Romania's government has swept to victory in a parliamentary election but even that convincing win may not defuse the rancorous rivalry between the country's two top politicians.
The center-left alliance led by Prime Minister Victor Ponta won nearly 60 percent of the vote, trouncing President Traian Basescu's center-right allies, with 95 percent of the vote counted Monday.
Many Romanians are fed up with a power struggle between Basescu and Ponta and are desperate for political stability after a year of upheaval. The financially struggling Balkan nation has run through three prime ministers and Cabinets this year and endured huge protests against the austerity measures that have been imposed in return for a €20 billion ($26 billion) bailout.
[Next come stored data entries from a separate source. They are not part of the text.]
-- ===== src/Replay/Log.antt =====
-- What a recovery shows on each topic: the retained messages, each once and in order.
use swarm_ros_bridge.Common.{
  ℕ, Bool, true, false, List, [], ◌∷◌, ◌++◌, append-nil, append_assoc, length, length-modify, arith,
  ◌≡◌, refl, sym, ap, ◌∙◌, ◌==◌, ==_iff, Bool-cases, inl, inr, if◌then◌else◌,
}
use mathlib.Core.Bool.{false≢true}
use swarm_ros_bridge.Double.{Double}
use swarm_ros_bridge.Topic.{Message}
use swarm_ros_bridge.World.{
  World, Event, zmq_sent, published, slept, log, sent_on, published_on, is_limited,
}
use swarm_ros_bridge.SendQueue.{enqueue_send_message}
use swarm_ros_bridge.Replay.{
  send_serialized_message, publish_received_message_after_fault, replay_send_message, pause, replay,
}

module _ {W : Type 0} where
  pub sent_on-append :
      (i : ℕ) (es fs : List (Event W)) → sent_on i (es ++ fs) ≡ sent_on i es ++ sent_on i fs
  sent_on-append i [] fs = refl
  sent_on-append i (zmq_sent j m ∷ es) fs = ground (arith, sent_on-append i es fs)
  sent_on-append i (published j m ∷ es) fs = sent_on-append i es fs
  sent_on-append i (slept t ∷ es) fs = sent_on-append i es fs

  pub published_on-append :
      (i : ℕ) (es fs : List (Event W))
      → published_on i (es ++ fs) ≡ published_on i es ++ published_on i fs
  published_on-append i [] fs = refl
  published_on-append i (published j m ∷ es) fs = ground (arith, published_on-append i es fs)
  published_on-append i (zmq_sent j m ∷ es) fs = published_on-append i es fs
  published_on-append i (slept t ∷ es) fs = published_on-append i es fs

  -- A world shows this on PUB socket `i`, and on ROS topic `i`.
  abbrev pub sent : ℕ → World W → List Message
  sent i w = sent_on i w.events

  abbrev pub shown : ℕ → World W → List Message
  shown i w = published_on i w.events

-- What replays leave alone.
pub record SameSetup {W : Type 0} (w v : World W) : Type 0 where
  pub send_topics : v.send_topics ≡ w.send_topics
  pub recv_topics : v.recv_topics ≡ w.recv_topics
  pub fault : v.fault ≡ w.fault
  pub controls : length v.controls ≡ length w.controls

module _ {W : Type 0} ⦃d : Double W⦄ where
  pub publish-shown :
      (j i : ℕ) (m : Message) (w : World W)
      → w.fault.publish_callback ≡ true
      → shown j (publish_received_message_after_fault i m w)
        ≡ shown j w ++ (if i == j then m ∷ [] else [])
  unfolding publish_received_message_after_fault
  publish-shown j i m w c = rw c (published_on-append j w.events (published i m ∷ []))

  pub SameSetup-refl : (w : World W) → SameSetup w w
  SameSetup-refl w = record {
    send_topics = refl;
    recv_topics = refl;
    fault = refl;
    controls = refl;
  }

  pub slept-SameSetup : (w₀ w : World W) (t : W) → SameSetup w₀ w → SameSetup w₀ (log (slept t) w)
  slept-SameSetup w₀ w t s = record {
    send_topics = s.send_topics;
    recv_topics = s.recv_topics;
    fault = s.fault;
    controls = s.controls;
  }

  pub publish-SameSetup :
      (w₀ w : World W) (i : ℕ) (m : Message)
      → SameSetup w₀ w
      → SameSetup w₀ (publish_received_message_after_fault i m w)
  unfolding publish_received_message_after_fault
  publish-SameSetup w₀ w i m s = ground arith

  pub replay_send-SameSetup :
      (w₀ w : World W) (i : ℕ) (m : Message)
      → SameSetup w₀ w
      → SameSetup w₀ (replay_send_message i m w)
  unfolding replay_send_message enqueue_send_message
  replay_send-SameSetup w₀ w i m s = elim (Bool-cases (is_limited w i)) [
    | inl e ↦ rw e (record {
      send_topics = s.send_topics;
      recv_topics = s.recv_topics;
      fault = s.fault;
      controls = length-modify w.controls i _ ∙ s.controls;
    })
    | inr e ↦ rw e (record {
      send_topics = s.send_topics;
      recv_topics = s.recv_topics;
      fault = s.fault;
      controls = s.controls;
    })
  ]

  ne-of_limited :
      (w : World W) (i j : ℕ) → is_limited w i ≡ true → is_limited w j ≡ false → (i == j) ≡ false
  ne-of_limited w i j p q = elim (Bool-cases (i == j)) [
    | inl e ↦ absurd (false≢true (sym q ∙ ap (is_limited w) (sym ((==_iff i j).0 e)) ∙ p))
    | inr e ↦ e
  ]

  pub replay_send-sent :
      (j i : ℕ) (m : Message) (w : World W)
      → is_limited w j ≡ false
      → sent j (replay_send_message i m w) ≡ sent j w ++ (if i == j then m ∷ [] else [])
  unfolding replay_send_message send_serialized_message enqueue_send_message
  replay_send-sent j i m w c = elim (Bool-cases (is_limited w i)) [
    | inl e ↦ rw e (rw (ne-of_limited w i j e c) (sym (append-nil (sent j w))))
    | inr e ↦ rw e (sent_on-append j w.events (zmq_sent i m ∷ []))
  ]

pub if-append {ℓ} :
    {A : Type ℓ} (b : Bool) (xs : List A) (a : A) (as' : List A)
    → (xs ++ (if b then a ∷ [] else [])) ++ (if b then as' else [])
      ≡ xs ++ (if b then a ∷ as' else [])
if-append true xs a as' = append_assoc xs (a ∷ []) as'
if-append false xs a as' = append-nil (xs ++ [])

if-nil {ℓ} : {A : Type ℓ} (b : Bool) (xs : List A) → xs ≡ xs ++ (if b then [] else [])
if-nil true xs = sym (append-nil xs)
if-nil false xs = sym (append-nil xs)

-- One topic's loop, seen through an observation that pauses do not change.
module _ {W : Type 0} ⦃d : Double W⦄ (obs : World W → List Message) (C : World W → Type 0)
    (b : Bool) (release : Message → World W → World W)
    (released : (m : Message) (w : World W)
      → C w
      → (obs (release m w) ≡ obs w ++ (if b then m ∷ [] else [])) × C (release m w))
    (paused : (t : W) (w : World W)
      → C w
      → (obs (log (slept t) w) ≡ obs w) × C (log (slept t) w)) where
  pause-obs :
      (is_first : Bool) (t : W) (w : World W)
      → C w
      → (obs (pause is_first t w) ≡ obs w) × C (pause is_first t w)
  unfolding pause
  pause-obs true t w c = (refl, c)
  pause-obs false t w c = paused t w c

  pub replay-obs :
      (t : W) (is_first : Bool) (ms : List Message) (w : World W)
      → C w
      → (obs (replay release t is_first ms w) ≡ obs w ++ (if b then ms else []))
        × C (replay release t is_first ms w)
  unfolding replay
  replay-obs t is_first [] w c = (if-nil b (obs w), c)
  replay-obs t is_first (m ∷ ms) w c =
      let w₁ = pause is_first t w in
      let p = pause-obs is_first t w c in
      let r = released m w₁ p.1 in
      let ih = replay-obs t false ms (release m w₁) r.1 in
      (
        ih.0
            ∙ ap (λ (l : List Message). l ++ (if b then ms else []))
                (r.0 ∙ ap (λ (l : List Message). l ++ (if b then m ∷ [] else [])) p.0)
            ∙ if-append b (obs w) m ms,
        ih.1,
      )
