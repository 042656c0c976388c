-- ===== src/Replay/Recovery.antt =====
-- The whole of a recovery: what each topic shows after it, and the state that it leaves.
use swarm_ros_bridge.Common.{
  ℕ, zero, suc, ◌+◌, ◌<◌, true, false, List, [], ◌∷◌, ◌++◌, append-nil, append_assoc, length,
  get_or, arith, ◌≡◌, refl, sym, ap, ◌∙◌, ◌==◌, ==_iff, Bool-cases, inl, inr, if◌then◌else◌,
}
use swarm_ros_bridge.Double.{Double}
use swarm_ros_bridge.Topic.{Message}
use swarm_ros_bridge.World.{World, log, slept, is_limited}
use swarm_ros_bridge.Replay.Log.{
  sent, shown, SameSetup, SameSetup-refl, slept-SameSetup, publish-SameSetup, replay_send-SameSetup,
  replay_send-sent, publish-shown, replay-obs, sent_on-append, published_on-append,
}
use swarm_ros_bridge.SendQueue.{enqueue_send_message}
use swarm_ros_bridge.Replay.{
  send_serialized_message, publish_received_message_after_fault, replay_send_message, replay_sends,
  replay_recvs, take_buffers, flush_fault_buffers, get_fault_replay_interval,
  get_recv_fault_replay_interval,
}

-- Entry `j` of a list that begins with entry `k`.
abbrev pub pick : ℕ → ℕ → List (List Message) → List Message
pick j k [] = []
pick j k (b ∷ bs) = (if k == j then b else []) ++ pick j (suc k) bs

pick-past : (j k : ℕ) (bs : List (List Message)) → j < k → pick j k bs ≡ []
pick-past j k [] h = refl
pick-past j k (b ∷ bs) h = ground (arith, pick-past j (suc k) bs)

pub pick-get_or : (j k i : ℕ) (bs : List (List Message)) → j ≡ k + i → pick j k bs ≡ get_or bs i []
pick-get_or j k i [] e = refl
pick-get_or j k zero (b ∷ bs) e =
    rw ((==_iff k j).1 (omega arith), pick-past j (suc k) bs (omega arith)) (append-nil b)
pick-get_or j k (suc i) (b ∷ bs) e = ground (arith, pick-get_or j (suc k) i bs)

if-split {ℓ} : {A : Type ℓ} (xs ys zs ws : List A) → ws ≡ xs ++ ys → ws ++ zs ≡ xs ++ (ys ++ zs)
if-split xs ys zs ws e = rw e (append_assoc xs ys zs)

module _ {W : Type 0} ⦃d : Double W⦄ (w₀ : World W) (j : ℕ) where
  -- Replays of sends, seen on PUB socket `j` of a topic with no bitrate limit.
  module _ (free : is_limited w₀ j ≡ false) where
    replay_sends-sent :
        (k : ℕ) (bs : List (List Message)) (w : World W)
        → SameSetup w₀ w
        → (sent j (replay_sends k bs w) ≡ sent j w ++ pick j k bs)
          × SameSetup w₀ (replay_sends k bs w)
    unfolding replay_sends
    replay_sends-sent k [] w s = (sym (append-nil _), s)
    replay_sends-sent k (b ∷ bs) w s =
        let one =
          replay-obs (sent j) (SameSetup w₀) (k == j) (replay_send_message k)
            (λ m v c.
              (replay_send-sent j k m v (rw c.send_topics free), replay_send-SameSetup w₀ v k m c))
            (λ t v c. (
              sent_on-append j v.events (slept t ∷ []) ∙ append-nil (sent j v),
              slept-SameSetup w₀ v t c,
            ))
            (get_fault_replay_interval k true w) true b w s in
        let rest = replay_sends-sent (suc k) bs _ one.1 in
        (
          rest.0 ∙ if-split (sent j w) (if k == j then b else []) (pick j (suc k) bs) _ one.0,
          rest.1,
        )

  replay_send-shown :
      (i : ℕ) (m : Message) (w : World W) → shown j (replay_send_message i m w) ≡ shown j w
  unfolding replay_send_message send_serialized_message enqueue_send_message
  replay_send-shown i m w = elim (Bool-cases (is_limited w i)) [
    | inl e ↦ rw e
    | inr e ↦ rw e (published_on-append j w.events _ ∙ append-nil (shown j w))
  ]

  publish-sent :
      (i : ℕ) (m : Message) (w : World W)
      → sent j (publish_received_message_after_fault i m w) ≡ sent j w
  unfolding publish_received_message_after_fault
  publish-sent i m w = elim (Bool-cases w.fault.publish_callback) [
    | inl e ↦ rw e (sent_on-append j w.events _ ∙ append-nil (sent j w))
    | inr e ↦ rw e
  ]

  slept-sent :
      (t : W) (w : World W)
      → SameSetup w₀ w
      → (sent j (log (slept t) w) ≡ sent j w) × SameSetup w₀ (log (slept t) w)
  slept-sent t w s =
      (sent_on-append j w.events (slept t ∷ []) ∙ append-nil (sent j w), slept-SameSetup w₀ w t s)

  slept-shown :
      (t : W) (w : World W)
      → SameSetup w₀ w
      → (shown j (log (slept t) w) ≡ shown j w) × SameSetup w₀ (log (slept t) w)
  slept-shown t w s = (
    published_on-append j w.events (slept t ∷ []) ∙ append-nil (shown j w),
    slept-SameSetup w₀ w t s,
  )

  replay_sends-shown :
      (k : ℕ) (bs : List (List Message)) (w : World W)
      → SameSetup w₀ w
      → (shown j (replay_sends k bs w) ≡ shown j w) × SameSetup w₀ (replay_sends k bs w)
  unfolding replay_sends
  replay_sends-shown k [] w s = (refl, s)
  replay_sends-shown k (b ∷ bs) w s =
      let one =
        replay-obs (shown j) (SameSetup w₀) false (replay_send_message k)
          (λ m v c.
            (replay_send-shown k m v ∙ sym (append-nil _), replay_send-SameSetup w₀ v k m c))
          slept-shown (get_fault_replay_interval k true w) true b w s in
      let rest = replay_sends-shown (suc k) bs _ one.1 in
      (rest.0 ∙ one.0 ∙ append-nil (shown j w), rest.1)

  replay_recvs-sent :
      (k : ℕ) (duration : W) (bs : List (List Message)) (w : World W)
      → SameSetup w₀ w
      → (sent j (replay_recvs k duration bs w) ≡ sent j w)
        × SameSetup w₀ (replay_recvs k duration bs w)
  unfolding replay_recvs
  replay_recvs-sent k t [] w s = (refl, s)
  replay_recvs-sent k t (b ∷ bs) w s =
      let one =
        replay-obs (sent j) (SameSetup w₀) false (publish_received_message_after_fault k)
          (λ m v c. (publish-sent k m v ∙ sym (append-nil _), publish-SameSetup w₀ v k m c))
          slept-sent (get_recv_fault_replay_interval (length b) t) true b w s in
      let rest = replay_recvs-sent (suc k) t bs _ one.1 in
      (rest.0 ∙ one.0 ∙ append-nil (sent j w), rest.1)

  -- Replays of received messages, seen on ROS topic `j`.
  module _ (callback : w₀.fault.publish_callback ≡ true) where
    replay_recvs-shown :
        (k : ℕ) (duration : W) (bs : List (List Message)) (w : World W)
        → SameSetup w₀ w
        → (shown j (replay_recvs k duration bs w) ≡ shown j w ++ pick j k bs)
          × SameSetup w₀ (replay_recvs k duration bs w)
    unfolding replay_recvs
    replay_recvs-shown k t [] w s = (sym (append-nil _), s)
    replay_recvs-shown k t (b ∷ bs) w s =
        let one =
          replay-obs (shown j) (SameSetup w₀) (k == j) (publish_received_message_after_fault k)
            (λ m v c. (publish-shown j k m v (rw c.fault callback), publish-SameSetup w₀ v k m c))
            slept-shown (get_recv_fault_replay_interval (length b) t) true b w s in
        let rest = replay_recvs-shown (suc k) t bs _ one.1 in
        (
          rest.0 ∙ if-split (shown j w) (if k == j then b else []) (pick j (suc k) bs) _ one.0,
          rest.1,
        )

module _ {W : Type 0} ⦃d : Double W⦄ (w : World W) where
  -- The state after the swap and the replay: the fault as it was, with empty buffers.
  pub flush_fault_buffers-SameSetup : SameSetup (take_buffers w) (flush_fault_buffers w)
  unfolding flush_fault_buffers
  flush_fault_buffers-SameSetup =
      (replay_recvs-sent (take_buffers w) 0 0 w.fault.duration_sec w.fault.recv_buffers _
        (replay_sends-shown (take_buffers w) 0 0 w.fault.send_buffers (take_buffers w)
          (SameSetup-refl (take_buffers w))).1).1

  -- A flush hands PUB socket `j` of an unlimited topic what its buffer held, in order.
  pub flush_fault_buffers-sent :
      (j : ℕ)
      → is_limited w j ≡ false
      → sent j (flush_fault_buffers w) ≡ sent j w ++ get_or w.fault.send_buffers j []
  unfolding flush_fault_buffers
  flush_fault_buffers-sent j free =
      let v = take_buffers w in
      let s = replay_sends-sent v j free 0 w.fault.send_buffers v (SameSetup-refl v) in
      let r = replay_recvs-sent v j 0 w.fault.duration_sec w.fault.recv_buffers _ s.1 in
      r.0 ∙ s.0 ∙ ap (◌++◌ (sent j w)) (pick-get_or j 0 j w.fault.send_buffers (omega arith))

  -- And it gives ROS topic `j` what its buffer held, in order.
  pub flush_fault_buffers-shown :
      (j : ℕ)
      → w.fault.publish_callback ≡ true
      → shown j (flush_fault_buffers w) ≡ shown j w ++ get_or w.fault.recv_buffers j []
  unfolding flush_fault_buffers
  flush_fault_buffers-shown j callback =
      let v = take_buffers w in
      let s = replay_sends-shown v j 0 w.fault.send_buffers v (SameSetup-refl v) in
      let r = replay_recvs-shown v j callback 0 w.fault.duration_sec w.fault.recv_buffers _ s.1 in
      r.0
      ∙ ap (λ (l : List Message). l ++ pick j 0 w.fault.recv_buffers) s.0
      ∙ ap (◌++◌ (shown j w)) (pick-get_or j 0 j w.fault.recv_buffers (omega arith))
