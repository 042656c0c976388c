-- ===== src/Dispatch.antt =====
-- The entry points of src/sim_comm.cpp for messages: `dispatch_send_message`,
-- `dispatch_received_message` and the check before a write to ZMQ.
-- Each reading of the steady clock within a call is an argument. A result `none` is a call that
-- waits on node_fault_condition while another thread replays.
pub mod Calls
pub mod Window
pub mod Recovery
pub mod Episode
pub mod Resume
pub mod Restart
pub mod Order
use swarm_ros_bridge.Common.{
  ℕ, Bool, true, false, Option, none, some, List, [], ◌∷◌, if◌then◌else◌, get_or, modify, ◌>>=◌,
}
use swarm_ros_bridge.Double.{Double}
use swarm_ros_bridge.Topic.{Message, FaultPolicy}
use swarm_ros_bridge.World.{World, is_limited, send_policy, recv_policy}
use swarm_ros_bridge.Fault.Policy.{apply_fault_policy_to_buffer}
use swarm_ros_bridge.Fault.{is_node_fault_active_locked}
use swarm_ros_bridge.SendQueue.{enqueue_send_message}
use swarm_ros_bridge.Replay.{
  send_serialized_message, publish_received_message_after_fault, flush_expired_fault_if_needed,
}

module _ {W : Type 0} ⦃d : Double W⦄ where
  unfoldable pub hold_sent : ℕ → Message → World W → World W
  hold_sent i m w = record w {
    fault = record w.fault {
      send_buffers =
          modify w.fault.send_buffers i (apply_fault_policy_to_buffer (send_policy w.fault i) m);
    };
  }

  unfoldable pub hold_received : ℕ → Message → World W → World W
  hold_received i m w = record w {
    fault = record w.fault {
      recv_buffers =
          modify w.fault.recv_buffers i (apply_fault_policy_to_buffer (recv_policy w.fault i) m);
    };
  }

  -- The locked block: wait out a replay; hold the message if the fault window is open at `now`.
  unfoldable pub admit : (World W → World W) → ℕ → World W → Option (Bool × World W)
  unfolding is_node_fault_active_locked
  admit hold now w =
      if w.fault.recovering
      then none
      else if is_node_fault_active_locked now w.fault
      then some (true, hold w)
      else some (false, w)

  -- `true`: the fault policy has taken the message.
  unfoldable pub consume_send_message_if_fault_active :
      ℕ → Message → ℕ → ℕ → World W → Option (Bool × World W)
  unfolding admit hold_sent
  consume_send_message_if_fault_active i m now now' w =
      admit (hold_sent i m) now' (flush_expired_fault_if_needed now w)

  -- Runs `pass` on the state if the message was not taken.
  abbrev pub unless_taken :
      Option (Bool × World W) → (World W → Option (World W)) → Option (World W)
  unless_taken none pass = none
  unless_taken (some (true, w)) pass = some w
  unless_taken (some (false, w)) pass = pass w

  -- `dispatch_send_message_after_fault(i, m, true)`.
  unfoldable pub dispatch_send_message_after_fault :
      ℕ → Message → ℕ → ℕ → World W → Option (World W)
  dispatch_send_message_after_fault i m now now' w =
      if is_limited w i
      then some (enqueue_send_message i m w)
      else unless_taken (consume_send_message_if_fault_active i m now now' w)
          (λ v. some (send_serialized_message i m v))

  unfoldable pub dispatch_send_message : ℕ → Message → ℕ → ℕ → ℕ → ℕ → World W → Option (World W)
  unfolding admit hold_sent dispatch_send_message_after_fault
  dispatch_send_message i m t₁ t₂ t₃ t₄ w =
      unless_taken (admit (hold_sent i m) t₂ (flush_expired_fault_if_needed t₁ w))
        (dispatch_send_message_after_fault i m t₃ t₄)

  unfoldable pub dispatch_received_message : ℕ → Message → ℕ → ℕ → World W → Option (World W)
  unfolding admit hold_received
  dispatch_received_message i m t₁ t₂ w =
      unless_taken (admit (hold_received i m) t₂ (flush_expired_fault_if_needed t₁ w))
        (λ v. some (publish_received_message_after_fault i m v))

-- One call of either entry point, with its readings of the clock.
pub data Call : Type 0 where
  sends : ℕ → Message → ℕ → ℕ → ℕ → ℕ → Call
  receives : ℕ → Message → ℕ → ℕ → Call

module _ {W : Type 0} ⦃d : Double W⦄ where
  unfoldable pub run_call : Call → World W → Option (World W)
  run_call (sends i m t₁ t₂ t₃ t₄) w = dispatch_send_message i m t₁ t₂ t₃ t₄ w
  run_call (receives i m t₁ t₂) w = dispatch_received_message i m t₁ t₂ w

  unfoldable pub run_calls : List Call → World W → Option (World W)
  unfolding run_call
  run_calls [] w = some w
  run_calls (c ∷ cs) w = do v ← run_call c w; run_calls cs v
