-- ===== src/SendThread.antt =====
-- The token-bucket thread of a topic with a `max_bitrate`: `send_func` of src/sim_comm.cpp, and the
-- start and stop of these threads. One round of its loops is a function of the state at its wake-up;
-- a wait ends whenever it likes, and the next round looks again.
pub mod Rounds
pub mod Tokens
pub mod Stale
pub mod Loop
pub mod Relay
pub mod InOrder
pub mod Merged
pub mod InWindow
pub mod Drain
pub mod Replayed
pub mod Episode
use swarm_ros_bridge.Common.{
  ℕ, zero, suc, ◌+◌, ◌-◌, Bool, true, false, not, Option, none, some, List, [], ◌∷◌, map, replicate,
  if◌then◌else◌, modify, ◌>>=◌, get_or,
}
use swarm_ros_bridge.Double.{
  Double, lit, add, sub, mul, div, le, lt, of_size, nought, max_of, min_of,
}
use swarm_ros_bridge.Topic.{TopicInfo, Message}
use swarm_ros_bridge.World.{World, SendControl, send_topic, control}
use swarm_ros_bridge.SendQueue.{sub_size, bitrate_queue_window_sec}
use swarm_ros_bridge.Replay.{send_serialized_message}
use swarm_ros_bridge.Dispatch.{consume_send_message_if_fault_active, unless_taken}

-- The thread's own variables.
pub record Bucket (W : Type 0) : Type 0 where
  pub available_tokens : W
  pub last_refill_time : ℕ

-- How a round ends: the thread returns; it waits for a message; it waits for tokens, at most so many
-- seconds; or it takes the oldest message off the queue.
pub data Round (W : Type 0) : Type 0 where
  exits : Round W
  waits : Round W
  retries : W → Bucket W → Round W
  takes : Message → Bucket W → SendControl → Round W

module _ {W : Type 0} ⦃d : Double W⦄ where
  abbrev pub bytes_per_second : W → W
  bytes_per_second max_bitrate = div max_bitrate (lit 8 0)

  abbrev pub base_bucket_capacity : W → W
  base_bucket_capacity rate = max_of (lit 1 0) (mul rate bitrate_queue_window_sec)

  unfoldable pub start_bucket : W → ℕ → Bucket W
  start_bucket rate now = record {
    available_tokens = base_bucket_capacity rate;
    last_refill_time = now;
  }

  abbrev pub elapsed : ℕ → Bucket W → W
  elapsed now b = d.of_nanos (now - b.last_refill_time)

  abbrev pub bucket_capacity : W → Message → W
  bucket_capacity rate m = max_of (base_bucket_capacity rate) (of_size m.data_len)

  -- The tokens after the refill at `now`, with `m` at the front.
  abbrev pub refill : W → ℕ → Message → Bucket W → W
  refill rate now m b =
      min_of (bucket_capacity rate m) (add b.available_tokens (mul (elapsed now b) rate))

  pub take_front : W → ℕ → Bucket W → SendControl → List Message → Round W
  take_front rate now b c [] = waits
  take_front rate now b c (m ∷ q) =
      let tokens = refill rate now m b in
      if le (of_size m.data_len) tokens
      then takes m
          (record { available_tokens = sub tokens (of_size m.data_len); last_refill_time = now })
          (record c { queue = q; queue_bytes = sub_size c.queue_bytes m.data_len })
      else retries (min_of (div (sub (of_size m.data_len) tokens) rate) (lit 2 2))
          (record { available_tokens = tokens; last_refill_time = now })

  -- The inner loop: the stop flag is looked at first.
  unfoldable pub send_round : W → ℕ → Bucket W → SendControl → Round W
  unfolding take_front
  send_round rate now b c = if not c.thread_flag then exits else take_front rate now b c c.queue

  -- What the thread does with a round: a message taken is checked against the fault once more, with
  -- two readings of the clock, and then written to ZMQ. `none`: the round took no message, or the
  -- check waits for a replay.
  unfoldable pub after_round : ℕ → ℕ → ℕ → World W → Round W → Option (World W)
  unfolding send_serialized_message
  after_round i t₁ t₂ w exits = none
  after_round i t₁ t₂ w waits = none
  after_round i t₁ t₂ w (retries t b) = none
  after_round i t₁ t₂ w (takes m b c) =
      unless_taken
        (consume_send_message_if_fault_active i m t₁ t₂
          (record w { controls = modify w.controls i (λ _. c) }))
        (λ v. some (send_serialized_message i m v))

  unfoldable pub send_func : ℕ → ℕ → ℕ → ℕ → Bucket W → World W → Option (World W)
  unfolding send_round after_round
  send_func i now t₁ t₂ b w =
      after_round i t₁ t₂ w
        (send_round (bytes_per_second (send_topic w i).max_bitrate) now b (control w i))

  -- The life of the threads. All of a topic's entries are made together.
  unfoldable pub initialize_send_bitrate_control : ℕ → World W → World W
  initialize_send_bitrate_control topic_count w = record w {
    controls =
        replicate topic_count
          (record { thread_flag = true; joinable = false; queue = []; queue_bytes = 0 });
  }

  unfoldable pub start_threads : List (TopicInfo W) → List SendControl → List SendControl
  start_threads [] cs = cs
  start_threads (t ∷ ts) [] = []
  start_threads (t ∷ ts) (c ∷ cs) =
      (if lt nought t.max_bitrate then record c { joinable = true } else c) ∷ start_threads ts cs

  unfoldable pub start_send_bitrate_threads : World W → World W
  unfolding start_threads
  start_send_bitrate_threads w = record w { controls = start_threads w.send_topics w.controls }

  -- The thread is told to stop, woken, and joined if it was started.
  unfoldable pub stop_send_bitrate_control : ℕ → World W → World W
  stop_send_bitrate_control i w = if le (send_topic w i).max_bitrate nought then w else record w {
    controls = modify w.controls i (λ c. record c { thread_flag = false; joinable = false });
  }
Continued political feuding could create a lasting atmosphere of instability that would deter much-needed foreign investment.
The Organization for Security and Cooperation in Europe, which monitored the vote, said "the election campaign was largely overshadowed by the power struggle" between Basescu and Ponta.
"The continuation of a highly-charged political atmosphere, with sharp rhetoric and reported pressure on authorities undermined confidence but did not challenge the overall conduct" of the vote, it said in a statement.
"We won a clear majority, a majority recognized by our adversaries, who have to accept the rules of democracy," Ponta said after the polls closed Sunday. "I assure them we will treat the opposition with the respect that we did not get when we were in opposition."
His group is expected to get about 270 seats in the 452-seat Parliament.
Ponta attempted unsuccessfully to impeach Basescu this year, describing him as a divisive figure who has overstepped his role as president by meddling in government business. The Romanian government was criticized by the European Union and Washington for failing to respect the rule of law in the way it conducted the impeachment process.
In return, Basescu has threatened to withhold his blessing for Ponta, a presidential act that is usually a formality. However, it looked unlikely Monday that Basescu had the political capital to stick to his threat.
"Basescu is unpredictable, but he doesn't have the mandate not to name Ponta as prime minister," analyst Stelian Tanase told The Associated Press. "He can't prolong the political crisis."
Basescu could nominate someone else, but his choice would have to be approved by Parliament. If his candidate was rejected twice, Parliament could be dissolved and new elections called.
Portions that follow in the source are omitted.